• [EXERCISE DIRECTIONS]: Give the lines again exactly, from the one holding "direction = Direction.receive;" to the last line of the listing below, both ends included and nothing added.
**** DATASET ****
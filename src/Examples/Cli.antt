-- ===== src/Examples/Cli.antt =====
-- Command lines for rust/src/cli.rs.
use mie_decoder.Error.{MieError, kind, is_broken_pipe}
use mie_decoder.Config.Text.{trim}
use mie_decoder.Decode.Mux.{mux_from_filename, not_empty}
use mie_decoder.Decode.Mux.Fields.{join_all, mux_from_filename-join_all}
use mie_decoder.Cli.Values.{looks_like_option, parse_year_arg, parse_output_time_format_arg}
use mie_decoder.Cli.Decode.{DecodeArgs, no_args, flags, decode_loop, parse_decode, methods}
use mie_decoder.Cli.Run.{GlobalArgs, run_settings, classify_decode_exit, from_decode_error}
use mie_decoder.Cli.Settled.{Settled, run_settings-Settled, classify_decode_exit-from_decode_error}
use mie_decoder.Cli.Joined.{decode_loop-joined}
use mie_decoder.Config.Names.{by_name}
use mie_decoder.Config.Settings.{DecoderConfig, default}
use mie_decoder.Models.Text.{TimeRender, iso, pos, negsuc, codes}
use mie_decoder.Examples.Config.{std}
use mie_decoder.Common.{ℕ, ◌≡◌, refl, inl, inr, false, none, some, List, [], ◌∷◌, arith, ◌>>=◌}

abbrev tokens : List (List ℕ)
tokens = codes "a.mie" ∷ codes "--year" ∷ codes "2024" ∷ codes "--output-time-format=iso" ∷ []

abbrev args : DecodeArgs ℕ
args = record no_args {
  inputs = codes "a.mie" ∷ [];
  year = some 2024;
  output_time_format = some iso;
}

abbrev globals : GlobalArgs
globals = record { config = none; log_level = some (codes "INFO"); irig_day_advisory = none }

abbrev settings : DecoderConfig ℕ × TimeRender
settings = (
  record default { log_level = codes "INFO"; year = some 2024; output_time_format = iso },
  record { format = iso; year = some 2024; utc_offset_minutes = pos 0 },
)

run_settings-Settled_example : (methods std args ≡ 1) × Settled std settings
unfolding parse_decode run_settings default parse_year_arg parse_output_time_format_arg
run_settings-Settled_example = run_settings-Settled std tokens args globals settings refl refl

decode_loop-joined_example :
    decode_loop std false no_args (codes "--year=1999" ∷ codes "a.mie" ∷ [])
    ≡ decode_loop std false no_args (codes "--year" ∷ codes "1999" ∷ codes "a.mie" ∷ [])
unfolding flags looks_like_option by_name
decode_loop-joined_example =
    decode_loop-joined std (codes "--year") (codes "1999")
      (λ a v. parse_year_arg v >>= (λ x. inr (record a { year = some x }))) no_args
      (codes "a.mie" ∷ [])
      (
        refl,
        refl,
        ((λ e. omega arith), ((λ e. omega arith), ((λ e. omega arith), ((λ e. omega arith), tt)))),
      )
      refl refl

classify_decode_exit-from_decode_error_example :
    (classify_decode_exit (inl (MieError.homogeneous_payload "a.mie" 0 8)) 0 false).0
    ≡ from_decode_error (MieError.homogeneous_payload "a.mie" 0 8)
unfolding is_broken_pipe kind
classify_decode_exit-from_decode_error_example =
    classify_decode_exit-from_decode_error (MieError.homogeneous_payload "a.mie" 0 8) 0 false refl
      (λ e. cc) (λ e. cc)

-- The name `run. A1 .mie`.
abbrev fields : List (List ℕ)
fields = codes "run" ∷ codes " A1 " ∷ codes "mie" ∷ []

mux_from_filename-join_all_example :
    (mux_from_filename (join_all b'.' fields) (b'.' ∷ []) (pos 1) ≡ not_empty (trim (codes " A1 ")))
    × (mux_from_filename (join_all b'.' fields) (b'.' ∷ []) (negsuc 1)
        ≡ not_empty (trim (codes " A1 ")))
mux_from_filename-join_all_example =
    mux_from_filename-join_all b'.' (codes "run" ∷ []) (codes " A1 ") (codes "mie" ∷ []) (
      ((λ e. omega arith), ((λ e. omega arith), ((λ e. omega arith), tt))),
      (
        ((λ e. omega arith), ((λ e. omega arith), ((λ e. omega arith), ((λ e. omega arith), tt)))),
        (((λ e. omega arith), ((λ e. omega arith), ((λ e. omega arith), tt))), tt),
      ),
    )
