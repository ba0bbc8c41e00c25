-- ===== src/Examples/Decode.antt =====
-- Field decoders, invariants and probe of rust/src/decode.rs at small inputs.
use mie_decoder.Common.{ℕ, ◌≢◌, true, false, List, [], ◌∷◌}
use mie_decoder.Models.{Direction, TypeWord, CommandWord}
use mie_decoder.Models.Bus.{bus_b}
use mie_decoder.Models.Timestamp.{IrigTimestamp}
use mie_decoder.Decode.Read.{read_u16}
use mie_decoder.Decode.Fields.{decode_type_word, decode_command_word}
use mie_decoder.Decode.Invariants.{InvariantViolation, reject, word_count_capacity}
use mie_decoder.Decode.Probe.{
  ambiguous, probe_timestamp_format, score_irig_candidate, score_standard_candidate, next_probe,
}

-- One IRIG record: BC to RT, one data word for subaddress 3 of terminal 5.
abbrev pub irig_record : List ℕ
irig_record =
    0x02 ∷ 0x07 ∷ 0x20 ∷ 0x00 ∷ 0x00 ∷ 0x00 ∷ 0x00 ∷ 0x00 ∷ 0x61 ∷ 0x28 ∷ 0xCD ∷ 0xAB ∷ 0x00 ∷ 0x28
    ∷ []

abbrev evening : IrigTimestamp
evening = record {
  day = 366;
  hour = 23;
  minute = 59;
  second = 58;
  microsecond = 999_999;
  freerun = true;
}

abbrev tw : TypeWord
tw = record { message_type = 0x02; bus = bus_b; word_count = 7; error = false; raw = 0x0782 }

abbrev cmd : CommandWord
cmd = record {
  rt = 5;
  direction = Direction.receive;
  subaddress = 3;
  data_word_count = 1;
  raw = 0x2861;
}

abbrev too_short : InvariantViolation
too_short = record { kind = word_count_capacity; severity = reject }

-- A single record scores 5 to 0: a verdict, though not a decisive one.
probe_run : (probe_timestamp_format irig_record 0 8).confidence ≢ ambiguous
unfolding probe_timestamp_format read_u16 decode_type_word decode_command_word score_irig_candidate
    score_standard_candidate next_probe
probe_run = λ h. cc h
****
• [EXERCISE RESULT]:
  direction = Direction.receive;
  subaddress = 3;
  data_word_count = 1;
  raw = 0x2861;
}

abbrev too_short : InvariantViolation
too_short = record { kind = word_count_capacity; severity = reject }

-- A single record scores 5 to 0: a verdict, though not a decisive one.
probe_run : (probe_timestamp_format irig_record 0 8).confidence ≢ ambiguous
unfolding probe_timestamp_format read_u16 decode_type_word decode_command_word score_irig_candidate
    score_standard_candidate next_probe
probe_run = λ h. cc h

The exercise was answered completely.